-------- INPUT FOR THIS TASK --------

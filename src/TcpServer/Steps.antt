-- ===== src/TcpServer/Steps.antt =====
-- Each call and event of a server keeps it right.
use learn_for_cpp.Base.{
  ℕ, suc, ◌+◌, ◌%◌, ◌<◌, ◌≡◌, refl, sym, ap, ◌∙◌, subst, inl, inr, true, none, some, List, [], ◌∷◌,
  ◌++◌, arith, append-nil, Bool-cases, Option-cases, length, length-append, put, ◌==◌,
}
use learn_for_cpp.Channel.{enable_reading}
use learn_for_cpp.Acceptor.{Acceptor, Accept, accepted, accept_error, handle_read, new_acceptor}
use learn_for_cpp.Acceptor
use learn_for_cpp.TcpServer.{
  Server, ThreadPool, Effect, establish, queue_destroy, run_listen, new_server, new_pool,
  set_thread_num, start, start_pool, start_loops, listen_in_loop, new_connection, hand,
  accept_event, remove_connection_in_loop, get_next_loop,
}
use learn_for_cpp.TcpServer.Pool.{get_next_loop_lem}
use learn_for_cpp.TcpServer.Inv.{Inv, AreOwn, descriptors}

AreOwn-suc : (base k : ℕ) (es : List Effect) → AreOwn base k es → AreOwn base (suc k) es
AreOwn-suc base k [] h = tt
AreOwn-suc base k (establish n ∷ es) h = AreOwn-suc base k es h
AreOwn-suc base k (run_listen ∷ es) h = AreOwn-suc base k es h
AreOwn-suc base k (queue_destroy loop n ∷ es) (e, p, b, h) =
    (e, p, omega (arith, b), AreOwn-suc base k es h)

descriptors-append :
    (rs qs : List Accept) → descriptors (rs ++ qs) ≡ descriptors rs ++ descriptors qs
descriptors-append [] qs = refl
descriptors-append (accepted fd ∷ rs) qs = ap (λ l. fd ∷ l) (descriptors-append rs qs)
descriptors-append (accept_error errno ∷ rs) qs = descriptors-append rs qs

next_loop_lem :
    (p p' : ThreadPool) (k loop : ℕ)
    → (0 < length p.loops → p.next ≡ k % length p.loops)
    → get_next_loop p ≡ some (loop, p')
    → (p'.base_loop ≡ p.base_loop)
      × (p'.loops ≡ p.loops)
      × (0 < length p'.loops → p'.next ≡ suc k % length p'.loops)
next_loop_lem p p' k loop at r = elim (Bool-cases (length p.loops == 0)) [
  | inl empty ↦
      let same : p ≡ p' = unfold get_next_loop in ground (arith, r, empty) in
      let size : length p'.loops ≡ 0 = ground (arith, same, empty) in
      (
        ap (λ x. x.base_loop) (sym same),
        ap (λ x. x.loops) (sym same),
        λ h. absurd (omega (arith, h, size)),
      )
  | inr several ↦
      let some_loop : 0 < length p.loops = ground (arith, several) in
      let (l, t, e) = get_next_loop_lem p k some_loop (at some_loop) in
      let after : ThreadPool = record p { next = suc k % length p.loops } in
      let same : after ≡ p' = ground (arith, r, e) in
      (
        ap (λ x. x.base_loop) (sym same),
        ap (λ x. x.loops) (sym same),
        λ h. subst (λ x. x.next ≡ suc k % length x.loops) same refl,
      )
]

module _ (start_loop : ℕ → ℕ) (base threads : ℕ) where
  pub begin-Inv :
      (s : Server) (fd : ℕ)
      → start start_loop
          (record (new_server base fd) { pool = set_thread_num (new_pool base) threads })
        ≡ some s
      → Inv start_loop base threads [] s
  unfolding start start_pool new_server new_pool set_thread_num new_acceptor
  begin-Inv s fd r =
      let begun : Server = record (new_server base fd) {
        started = true;
        pool = record {
          base_loop = base;
          started = true;
          num_threads = threads;
          next = 0;
          loops = start_loops start_loop 0 threads;
        };
        effects = run_listen ∷ [];
      } in
      let same : begun ≡ s = ground (arith, r) in
      let inv : Inv start_loop base threads [] begun = record {
        handed = refl;
        none_closed = refl;
        numbered = refl;
        assigned = λ n loop e. ground (arith, e);
        destroyed = tt;
        has_callback = refl;
        base_loop = refl;
        loops = refl;
        next = λ h. omega (arith, h);
      } in
      subst (Inv start_loop base threads []) same inv

  pub listen-Inv :
      (rs : List Accept) (s s' : Server)
      → Inv start_loop base threads rs s
      → listen_in_loop s ≡ some s'
      → Inv start_loop base threads rs s'
  unfolding listen_in_loop Acceptor.listen
  listen-Inv rs s s' i r =
      let after : Server = record s {
        acceptor = record (s.acceptor) {
          channel = enable_reading s.acceptor.channel;
          listenning = true;
        };
      } in
      let same : after ≡ s' = ground (arith, r) in
      let inv : Inv start_loop base threads rs after = record {
        handed = i.handed;
        none_closed = i.none_closed;
        numbered = i.numbered;
        assigned = i.assigned;
        destroyed = i.destroyed;
        has_callback = i.has_callback;
        base_loop = i.base_loop;
        loops = i.loops;
        next = i.next;
      } in
      subst (Inv start_loop base threads rs) same inv

  accepted-Inv :
      (rs : List Accept) (s s' : Server) (fd : ℕ)
      → Inv start_loop base threads rs s
      → new_connection s fd ≡ some s'
      → Inv start_loop base threads (rs ++ (accepted fd ∷ [])) s'
  unfolding new_connection
  accepted-Inv rs s s' fd i r = elim (Option-cases (get_next_loop s.pool)) [
    | inl lost ↦ ground (arith, r, lost)
    | inr ((loop, pool), e) ↦
        let (b, l, n) = next_loop_lem s.pool pool (length s.sockets) loop i.next e in
        let after : Server = record s {
          next_conn = s.next_conn + 1;
          pool = pool;
          connections = put s.connections s.next_conn (some loop);
          sockets = s.sockets ++ (fd ∷ []);
          effects = establish s.next_conn ∷ s.effects;
        } in
        let own : loop ≡ s.pool.base_loop = ground (arith, r, e) in
        let same : after ≡ s' = ground (arith, r, e) in
        let size = length-append s.sockets (fd ∷ []) in
        let more : s.next_conn + 1 ≡ suc s.next_conn = omega arith in
        let inv : Inv start_loop base threads (rs ++ (accepted fd ∷ [])) after = record {
          handed =
              ap (λ x. x ++ (fd ∷ [])) i.handed ∙ sym (descriptors-append rs (accepted fd ∷ []));
          none_closed = i.none_closed;
          numbered = omega (arith, i.numbered, size);
          assigned = λ m l h. elim (Bool-cases (m == s.next_conn)) [
            | inl new ↦
                let here : some loop ≡ some l = rw new at h in
                ground (arith, here, own, i.base_loop, new, i.numbered)
            | inr old ↦
                let there : s.connections m ≡ some l = rw old at h in
                let (o, p, q) = i.assigned m l there in (o, p, omega (arith, q))
          ];
          destroyed =
              subst (λ k. AreOwn base k s.effects) (sym more)
                (AreOwn-suc base s.next_conn s.effects i.destroyed);
          has_callback = i.has_callback;
          base_loop = b ∙ i.base_loop;
          loops = l ∙ i.loops;
          next = λ h. n h ∙ ap (λ x. x % length pool.loops) (omega (arith, size));
        } in
        subst (Inv start_loop base threads (rs ++ (accepted fd ∷ []))) same inv
  ]

  pub accept-Inv :
      (rs : List Accept) (s s' : Server) (a : Accept)
      → Inv start_loop base threads rs s
      → accept_event s a ≡ some s'
      → Inv start_loop base threads (rs ++ (a ∷ [])) s'
  unfolding accept_event handle_read hand
  accept-Inv rs s s' (accepted fd) i r =
      accepted-Inv rs s s' fd i (ground (arith, r, i.has_callback))
  accept-Inv rs s s' (accept_error errno) i r =
      let same : s ≡ s' = ground (arith, r) in
      let none_more : descriptors rs ≡ descriptors (rs ++ (accept_error errno ∷ [])) =
        sym (descriptors-append rs (accept_error errno ∷ []) ∙ append-nil (descriptors rs)) in
      subst (Inv start_loop base threads (rs ++ (accept_error errno ∷ []))) same (record {
        handed = i.handed ∙ none_more;
        none_closed = i.none_closed;
        numbered = i.numbered;
        assigned = i.assigned;
        destroyed = i.destroyed;
        has_callback = i.has_callback;
        base_loop = i.base_loop;
        loops = i.loops;
        next = i.next;
      })

  pub remove-Inv :
      (rs : List Accept) (s s' : Server) (n : ℕ)
      → Inv start_loop base threads rs s
      → remove_connection_in_loop s n ≡ some s'
      → Inv start_loop base threads rs s'
  unfolding remove_connection_in_loop
  remove-Inv rs s s' n i r = elim (Option-cases (s.connections n)) [
    | inl gone ↦ ground (arith, r, gone)
    | inr (loop, here) ↦
        let after : Server = record s {
          connections = put s.connections n none;
          effects = queue_destroy loop n ∷ s.effects;
        } in
        let same : after ≡ s' = ground (arith, r, here) in
        let (own, p, q) = i.assigned n loop here in
        let inv : Inv start_loop base threads rs after = record {
          handed = i.handed;
          none_closed = i.none_closed;
          numbered = i.numbered;
          assigned = λ m l h. elim (Bool-cases (m == n)) [
            | inl it ↦ let lost : none ≡ some l = rw it at h in ground (arith, lost)
            | inr other ↦
                let there : s.connections m ≡ some l = rw other at h in i.assigned m l there
          ];
          destroyed = (own, p, q, i.destroyed);
          has_callback = i.has_callback;
          base_loop = i.base_loop;
          loops = i.loops;
          next = i.next;
        } in
        subst (Inv start_loop base threads rs) same inv
  ]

--------

### BRIEF
Report back each line in the material above that contains the string "subst".

### ANSWER TO THE PROBLEM
  ℕ, suc, ◌+◌, ◌%◌, ◌<◌, ◌≡◌, refl, sym, ap, ◌∙◌, subst, inl, inr, true, none, some, List, [], ◌∷◌,
        λ h. subst (λ x. x.next ≡ suc k % length x.loops) same refl,
      subst (Inv start_loop base threads []) same inv
      subst (Inv start_loop base threads rs) same inv
              subst (λ k. AreOwn base k s.effects) (sym more)
        subst (Inv start_loop base threads (rs ++ (accepted fd ∷ []))) same inv
      subst (Inv start_loop base threads (rs ++ (accept_error errno ∷ []))) same (record {
        subst (Inv start_loop base threads rs) same inv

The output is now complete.